The flagship Bayesian workhorse

Stan magically reducing posterior distribution surfaces to a smooth traversible manifold

Stan is the inference toolbox for broad classes of Bayesian inference, daaaaahling. Usually seen in concert with brms, which makes it easier to use in various standard regression models, but “bareback” is also pretty simple.

Baked-in documentation is extensive, but there is more. Andrew Gelman notes:

The basic execution structure of Stan is in the JSS paper (by Bob Carpenter, Andrew Matt Hoffman, Daniel Lee, Ben Goodrich, Michael Betancourt, Marcus Brubaker, Jiqiang Guo, Peter Li, and Allen Riddell) and in the reference manual. The details of autodiff are in the arXiv paper (by Bob Carpenter, Matt Hoffman, Marcus Brubaker, Daniel Lee, Peter Li, and Michael Betancourt). These are sort of background for what we’re trying to do.

If you haven’t read Maria Gorinova’s MS thesis and POPL paper (with Andrew Gordon and Charles Sutton), you should probably start there.

Radford Neal’s intro to HMC is nice, as is the one in David McKay’s book. Michael Betancourt’s papers are the thing to read to understand HMC deeply—he just wrote another brain bender on geometric autodiff (all on arXiv). Starting with the one on hierarchical models would be good as it explains the necessity of reparameterizations.

Also I recommend our JEBS paper (with Daniel Lee, and Jiqiang Guo) as it presents Stan from a user’s rather than a developer’s perspective.

And, for more general background on Bayesian data analysis, we recommend Statistical Rethinking by Richard McElreath and BDA3.

Those last two links have lots of worked examples using Stan.

Stan is a really good tool that I use all the time and if it solves your problem then it is an unbeatable developer experience. It does so much automatically, and makes it easy to do the right thing on what is left. It has some sharp boundaries around what it can do, however. Firstly, it cannot handle parameter domains that cannot be continuously mapped onto a cartesian product of scalar unbounded domains. The space of e.g. positive-definite matrices, or discrete parameters will only work if you can find a sweet hack to shoehorn them in. It has no general foreign function interface, so you can’t plug external tools in, however, and if you want to do unorthodox variational inference it is not ideal. Since it is its own programming language, it is hard to work around this.

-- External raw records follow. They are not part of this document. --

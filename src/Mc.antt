-- ===== src/Mc.antt =====
-- The package mc: what the daemons share.
pub mod Message
pub mod Handle
pub mod Subnet
pub mod Nat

However, it is possible to implement models in C++, so for example, Google’s differentiable physics simulator claims their physics engine could be used to define a Stan model, and HMC inference would work.

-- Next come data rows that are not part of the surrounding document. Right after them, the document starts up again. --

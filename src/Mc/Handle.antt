-- ===== src/Mc/Handle.antt =====
-- mc/util.go: handles, the texts `multiaddr/p2p/id` of peers.
pub mod RoundTrip
use concat.Base.{
  Text, text_eq, nat_eq, codes, ◌==◌, Option, none, some, List, [], ◌∷◌, ◌++◌, Result, ok, err,
  ◌>>=◌, if◌then◌else◌,
}
use concat.Mc.Message.{PeerInfo}
use Prim.Native.Nat.{ℕ}

-- libp2p's and multiaddr's texts of identities and addresses.
pub record Texts : Type 0 where
  pub pretty : Text → Text
  pub decode_id : Text → Result Text
  pub addr_string : Text → Text
  pub new_multiaddr : Text → Result Text

-- `ix := strings.LastIndex(str, c)`: `str[:ix]` and `str[ix+1:]`, `none` for -1.
unfoldable pub split_last : ℕ → Text → Option (Text × Text)
split_last c [] = none
split_last c (x ∷ s) = elim (split_last c s) [
  | some parts ↦ some (x ∷ parts.0, parts.1)
  | none ↦ if x == c then some ([], s) else none
]

module _ (tx : Texts) where
  unfoldable pub format_handle : PeerInfo → Text
  format_handle pi = elim pi.addrs [
    | [] ↦ codes "/p2p/" ++ tx.pretty pi.id
    | addr ∷ addrs ↦ tx.addr_string addr ++ (codes "/p2p/" ++ tx.pretty pi.id)
  ]

  unfoldable pub parse_handle_id : Text → Result PeerInfo
  parse_handle_id str = do pid ← tx.decode_id str; ok (record { id = pid; addrs = [] })

  -- The switch on the text before the identity.
  abbrev pub address_part : Text → Option (Text × Text) → Text
  address_part front none = front
  address_part front (some (addr, last)) = if last == codes "p2p" then addr else front

  -- What ParseHandle does with `addr` and `id`.
  unfoldable pub parse_parts : Text → Text → Result PeerInfo
  parse_parts addr id = do
    pid ← tx.decode_id id
    if addr == []
        then ok (record { id = pid; addrs = [] })
        else (tx.new_multiaddr addr >>= λ maddr. ok (record { id = pid; addrs = maddr ∷ [] }))

  unfoldable pub parse_handle : Text → Result PeerInfo
  unfolding split_last parse_handle_id parse_parts
  parse_handle str = elim (split_last b'/' str) [
    | none ↦ parse_handle_id str
    | some parts ↦ parse_parts (address_part parts.0 (split_last b'/' parts.0)) parts.1
  ]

Betancourt, Michael. 2017. “A Conceptual Introduction to Hamiltonian Monte Carlo.” January 9, 2017.
———. 2018. “The Convergence of Markov Chain Monte Carlo Methods: From the Metropolis Method to Hamiltonian Monte Carlo.” Annalen Der Physik, March.
Betancourt, Michael, Simon Byrne, Sam Livingstone, and Mark Girolami. 2017. “The Geometric Foundations of Hamiltonian Monte Carlo.” Bernoulli 23 (November): 2257–98.
Betancourt, Michael, Michael I. Jordan, and Ashia C. Wilson. 2018. “On Symplectic Optimization.” February 10, 2018.
Carpenter, Bob, Matthew D. Hoffman, Marcus Brubaker, Daniel Lee, Peter Li, and Michael Betancourt. 2015. “The Stan Math Library: Reverse-Mode Automatic Differentiation in C++.” 2015.
Gabry, Jonah, Daniel Simpson, Aki Vehtari, Michael Betancourt, and Andrew Gelman. 2019. “Visualization in Bayesian Workflow.” Journal of the Royal Statistical Society: Series A (Statistics in Society) 182 (2): 389–402.
Gelman, Andrew, Daniel Lee, and Jiqiang Guo. 2015. “Stan: A Probabilistic Programming Language for Bayesian Inference and Optimization.” Journal of Educational and Behavioral Statistics 40 (5): 530–43.
Goodrich, Ben, Andrew Gelman, Matthew D. Hoffman, Daniel Lee, Bob Carpenter, Michael Betancourt, Marcus Brubaker, Jiqiang Guo, Peter Li, and Allen Riddell. 2017. “Stan : A Probabilistic Programming Language.” Journal of Statistical Software 76 (1).
Gorinova, Maria I., Andrew D. Gordon, and Charles Sutton. 2019. “Probabilistic Programming with Densities in SlicStan: Efficient, Flexible and Deterministic.” Proceedings of the ACM on Programming Languages 3 (January): 1–30.